18. Stockholders’ Equity
Each share of the Company’ s outstanding common stock is permitted one vote on proposals presented to
stockholders and is entitled to share equally in any dividends declared by the Company’ s Board of Directors (the
“Board”).
Share repurchase plans: The Board approved share repurchase plans in October 2003, August 2005, December
2005 and January 2006 which permitted the Company to repurchase up to a total of $1.0 billion ($250 million per
plan) of the Company’ s common stock. Under these plans, we repurchased 19 million shares for $958 million
during 2006. During 2007, we repurchased the remaining available shares under the January 2006 plan, fully
utilizing all of these repurchase plans.
In April and July 2006, the Board approved two new share repurchase plans which permitted the Company to
repurchase up to an additional $1.0 billion ($500 million per plan) of the Company’ s common stock.

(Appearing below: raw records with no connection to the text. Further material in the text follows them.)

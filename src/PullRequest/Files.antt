-- ===== src/PullRequest/Files.antt =====
-- `replacePrFiles` makes the stored files of a pull request those that GitHub reports.
use pr_sentinel_backend.Base.{
  ℕ, ◌≡◌, ◌∙◌, inl, inr, true, false, not, List, [], ◌∷◌, ◌++◌, map, arith, if◌then◌else◌, ◌==◌,
  Bool-cases, keep, keep-append, keep-keep_none, keep-keep_other,
}
use mathlib.Core.List.{append-nil, append_assoc, map-append}
use pr_sentinel_backend.Prisma.{Prisma, create_many, new_id}
use pr_sentinel_backend.Schema.{PrFile}
use pr_sentinel_backend.Database.{Db}
use pr_sentinel_backend.Payloads.{GithubPrFile}
use pr_sentinel_backend.PullRequest.{PrFileData, pr_file_data, new_pr_file, replace_pr_files}

-- The columns of a stored file that come from GitHub.
abbrev pub stored_data : PrFile → PrFileData
stored_data f = record {
  filename = f.filename;
  status = f.status;
  patch = f.patch;
  additions = f.additions;
  deletions = f.deletions;
  changes = f.changes;
}

module _ ⦃p : Prisma⦄ where
  -- The stored files of a pull request, in the order of their creation.
  abbrev pub files_of : ℕ → Db → List PrFileData
  files_of pull_request_id db =
      map stored_data (keep (λ f. f.pull_request_id == pull_request_id) (p.rows db.pr_files))

module _ ⦃p : Prisma⦄ (now : ℕ) where
  abbrev data_in : ℕ → List PrFile → List PrFileData
  data_in k rows = map stored_data (keep (λ f. f.pull_request_id == k) rows)

  data_in-create_many :
      (k pull_request_id : ℕ) (ds : List PrFileData) (t : p.Table PrFile)
      → data_in k (p.rows (create_many (λ f. f.id) (new_pr_file now pull_request_id) ds t))
        ≡ data_in k (p.rows t) ++ (if k == pull_request_id then ds else [])
  unfolding create_many new_pr_file
  data_in-create_many k pull_request_id [] t = elim (Bool-cases (k == pull_request_id)) [
    | inl same ↦ rw (same, append-nil)
    | inr other ↦ rw (other, append-nil)
  ]
  data_in-create_many k pull_request_id (d ∷ ds) t =
      data_in-create_many k pull_request_id ds t'
      ∙ rw
          (
            p.rows-create (new_pr_file now pull_request_id (new_id (λ f. f.id) t) d) t,
            keep-append (λ f. f.pull_request_id == k) (p.rows t),
          )
          (rw (map-append) (elim (Bool-cases (k == pull_request_id)) [
            | inl same ↦
                let k' : (pull_request_id == k) ≡ true = ground arith in
                rw (same, k') (append_assoc (data_in k (p.rows t)) (d ∷ []) ds)
            | inr other ↦
                let k' : (pull_request_id == k) ≡ false = ground arith in
                rw (other, k') (append_assoc (data_in k (p.rows t)) [] [])
          ]))
    where
      t' : p.Table PrFile
      t' = p.create (new_pr_file now pull_request_id (new_id (λ f. f.id) t) d) t

  -- After the replacement the pull request has exactly the files that GitHub reports, in that
  -- order, with their statuses mapped, and every other pull request has the files that it had.
  pub files_of-replace_pr_files :
      (k pull_request_id : ℕ) (files : List GithubPrFile) (db : Db)
      → files_of k (replace_pr_files now pull_request_id files db)
        ≡ (if k == pull_request_id then map pr_file_data files else files_of k db)
  unfolding replace_pr_files
  files_of-replace_pr_files k pull_request_id files db =
      data_in-create_many k pull_request_id (map pr_file_data files)
        (p.delete_many (λ f. f.pull_request_id == pull_request_id) db.pr_files)
      ∙ rw (p.rows-delete_many (λ f. f.pull_request_id == pull_request_id) db.pr_files)
          (elim (Bool-cases (k == pull_request_id)) [
            | inl same ↦ rw (
              same,
              keep-keep_none (λ f. f.pull_request_id == k)
                  (λ f. not (f.pull_request_id == pull_request_id)) (p.rows db.pr_files)
                  (λ f hit. ground arith),
            )
            | inr other ↦ rw (
              other,
              append-nil,
              keep-keep_other (λ f. f.pull_request_id == k)
                  (λ f. not (f.pull_request_id == pull_request_id)) (p.rows db.pr_files)
                  (λ f hit. ground arith),
            )
          ])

During 2007,
we repurchased a total of 20 million shares for $1.0 billion. As a result of these repurchases, we effectively
completed all of the 2007 share repurchase plans.

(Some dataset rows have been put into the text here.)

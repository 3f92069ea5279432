-- ===== src/Redis/InMemory.antt =====
-- A Redis whose store is a list of keys with what they hold and the times at which they end, the
-- newest first: the assumptions of the client can be met.
use pr_sentinel_backend.Base.{
  ℕ, suc, ◌+◌, ◌<◌, ◌≤◌, String, ◌≡◌, ◌≢◌, refl, sym, ◌∙◌, Bool, true, List, [], ◌∷◌, Option, none,
  some, if◌then◌else◌, ltb, str_eq, str_eq_refl, eq_iff, arith, Bool-cases, inl, inr,
}
use pr_sentinel_backend.Redis.{RedisClient}

-- A key holds a text or a number; without an end it stays.
pub record Entry : Type 0 where
  pub key : String
  pub value : Option String
  pub number : ℕ
  pub ends : Option ℕ

abbrev pub is_live : ℕ → Option ℕ → Bool
is_live now none = true
is_live now (some t) = ltb now t

abbrev pub live : ℕ → Entry → Option String
live now e = if is_live now e.ends then e.value else none

abbrev pub live_number : ℕ → Entry → ℕ
live_number now e = if is_live now e.ends then e.number else 0

abbrev pub live_end : ℕ → Entry → Option ℕ
live_end now e = if is_live now e.ends then e.ends else none

-- What the newest entry of a key says.
abbrev pub newest : {A : Type 0} → A → (Entry → A) → String → List Entry → A
newest missing read k [] = missing
newest missing read k (e ∷ s) = if str_eq e.key k then read e else newest missing read k s

abbrev pub get : ℕ → String → List Entry → Option String
get now k s = newest none (live now) k s

abbrev pub count : ℕ → String → List Entry → ℕ
count now k s = newest 0 (live_number now) k s

abbrev pub entry : String → Option String → ℕ → Option ℕ → Entry
entry k v n ends = record { key = k; value = v; number = n; ends = ends }

abbrev pub set_ex : ℕ → String → String → ℕ → List Entry → List Entry
set_ex now k v seconds s = entry k (some v) 0 (some (now + seconds)) ∷ s

-- A deleted key is covered by an entry that has ended.
abbrev pub del : String → List Entry → List Entry
del k s = entry k none 0 (some 0) ∷ s

abbrev pub incr : ℕ → String → List Entry → ℕ × List Entry
incr now k s =
    (suc (count now k s), entry k none (suc (count now k s)) (newest none (live_end now) k s) ∷ s)

abbrev pub expire : ℕ → String → ℕ → List Entry → List Entry
expire now k seconds s = entry k (get now k s) (count now k s) (some (now + seconds)) ∷ s

module _ {A : Type 0} (missing : A) (read : Entry → A) where
  pub newest-same :
      (k : String) (e : Entry) (s : List Entry) → e.key ≡ k → newest missing read k (e ∷ s) ≡ read e
  newest-same k e s same = rw (same) (rw (str_eq_refl k))

  pub newest-other :
      (k : String) (e : Entry) (s : List Entry)
      → k ≢ e.key
      → newest missing read k (e ∷ s) ≡ newest missing read k s
  newest-other k e s h = elim (Bool-cases (str_eq e.key k)) [
    | inl same ↦ absurd (h (sym ((eq_iff e.key k).0 same)))
    | inr other ↦ rw other
  ]

pub live-before :
    (now ends : ℕ) (k v : String) → now < ends → live now (entry k (some v) 0 (some ends)) ≡ some v
live-before now ends k v h = ground arith

pub live-after :
    (now ends : ℕ) (k : String) (v : Option String)
    → ends ≤ now
    → live now (entry k v 0 (some ends)) ≡ none
live-after now ends k v h = ground arith

pub live_number-before :
    (now ends n : ℕ) (k : String) (v : Option String)
    → now < ends
    → live_number now (entry k v n (some ends)) ≡ n
live_number-before now ends n k v h = ground arith

-- The end of a live key is not over.
pub live_number-live_end :
    (now n : ℕ) (k : String) (s : List Entry)
    → live_number now (entry k none n (newest none (live_end now) k s)) ≡ n
live_number-live_end now n k [] = refl
live_number-live_end now n k (e ∷ s) = elim (Bool-cases (str_eq e.key k)) [
  | inr other ↦ rw other (live_number-live_end now n k s)
  | inl same ↦ rw same (elim (Bool-cases (is_live now e.ends)) [
    | inl lives ↦ rw lives (rw lives)
    | inr over ↦ rw over
  ])
]

-- What is live later is live now.
is_live-before :
    (now later : ℕ) (ends : Option ℕ)
    → now ≤ later
    → is_live later ends ≡ true
    → is_live now ends ≡ true
is_live-before now later none h l = refl
is_live-before now later (some t) h l = ground arith

pub live_number-incr :
    (now later : ℕ) (k : String) (s : List Entry)
    → now ≤ later
    → 0 < count later k s
    → live_number later (entry k none (suc (count now k s)) (newest none (live_end now) k s))
      ≡ suc (count later k s)
live_number-incr now later k [] h there = absurd (omega arith)
live_number-incr now later k (e ∷ s) h there = elim (Bool-cases (str_eq e.key k)) [
  | inr other ↦ rw other (live_number-incr now later k s h (rw other at there))
  | inl same ↦ elim (Bool-cases (is_live later e.ends)) [
    | inl lives ↦ rw (same, is_live-before now later e.ends h lives) (rw lives)
    | inr over ↦ absurd (omega (arith, rw (same, over) at there))
  ]
]

instance abbrev pub in_memory : RedisClient
in_memory = record {
  Store = List Entry;
  get = get;
  set_ex = set_ex;
  del = del;
  count = count;
  incr = incr;
  expire = expire;
  get-set_ex = λ now later seconds k v s before h.
      newest-same none (live later) k (entry k (some v) 0 (some (now + seconds))) s refl
      ∙ live-before later (now + seconds) k v before;
  get-set_ex_expired = λ now later seconds k v s h.
      newest-same none (live later) k (entry k (some v) 0 (some (now + seconds))) s refl
      ∙ live-after later (now + seconds) k (some v) h;
  get-set_ex_other = λ now later seconds k j v s h.
      newest-other none (live later) j (entry k (some v) 0 (some (now + seconds))) s h;
  get-del = λ now k s.
      newest-same none (live now) k (entry k none 0 (some 0)) s refl
      ∙ live-after now 0 k none (omega arith);
  get-del_other = λ now k j s h. newest-other none (live now) j (entry k none 0 (some 0)) s h;
  incr-count = λ now k s. refl;
  count-incr = λ now k s.
      newest-same 0 (live_number now) k
        (entry k none (suc (count now k s)) (newest none (live_end now) k s)) s refl
      ∙ live_number-live_end now (suc (count now k s)) k s;
  count-incr_later = λ now later k s h there.
      newest-same 0 (live_number later) k
        (entry k none (suc (count now k s)) (newest none (live_end now) k s)) s refl
      ∙ live_number-incr now later k s h there;
  count-expire = λ now later seconds k s h before.
      newest-same 0 (live_number later) k
        (entry k (get now k s) (count now k s) (some (now + seconds))) s refl
      ∙ live_number-before later (now + seconds) (count now k s) k (get now k s) before;
}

In April and September 2007, the Board approved two new plans to repurchase up to $2.0 billion of the
Company’ s common stock ($1.0 billion per plan). In 2008, we repurchased a total of 28 million shares for $1,686
million, fully utilizing the April 2007 plan, leaving $314 million remaining on the September 2007 plan. In April
2008, the Board approved a new plan to repurchase an additional $1.0 billion of the Company’ s common stock.
Stock repurchases may be made from time-to-time in open market or private transactions.
2005 Stock Plan (the “2005 Stock Plan”): The 2005 Stock Plan was adopted by the Board on May 25, 2005 and
approved by the Company’ s stockholders on July 25, 2005. The 2005 Stock Plan initially provided for the grant of
up to 13 million shares in the form of nonqualified stock options, incentive stock options, restricted stock awards,
restricted stock unit awards, stock appreciation rights, performance shares and other share-based awards to
employees, officers and directors of the Company. The 2005 Stock Plan replaced several other plans (the “Legacy
Plans”) and the remaining 11 million shares available for issuance under the Legacy Plans were cancelled, although
awards under those plans remain outstanding.
In July 2007, the Company’ s stockholders amended the 2005 Stock Plan to increase the number of shares of
common stock reserved for issuance under the 2005 Stock Plan by 15 million shares to an aggregate of 28 million
shares. As of March 31, 2008, 16 million shares remain available for grant under the 2005 Stock Plan. As a result
of acquisitions, we currently have 5 other option plans under which no further awards have been made since the date
of acquisition.
2000 Employee Stock Purchase Plan (the “ESPP”): The Company also has an ESPP under which 11 million
shares have been authorized for issuance. On July 25, 2007, the Company’ s stockholders approved an amendment
to the ESPP under which the number of shares of common stock reserved for issuance was increased by 5 million
shares to an aggregate of 16 million shares. Eligible employees may purchase a limited number of shares of the
Company’ s common stock at a discount of up to 15% of the market value at certain plan-defined dates. In each year
of 2008, 2007 and 2006, 1 million shares were issued under the ESPP. At March 31, 2008, 6 million shares were
available for issuance under the ESPP.
As previously discussed, during the first quarter of 2006, we called for the redemption of the Debentures, which
resulted in the exchange of the preferred securities for 5 million shares of our newly issued common stock.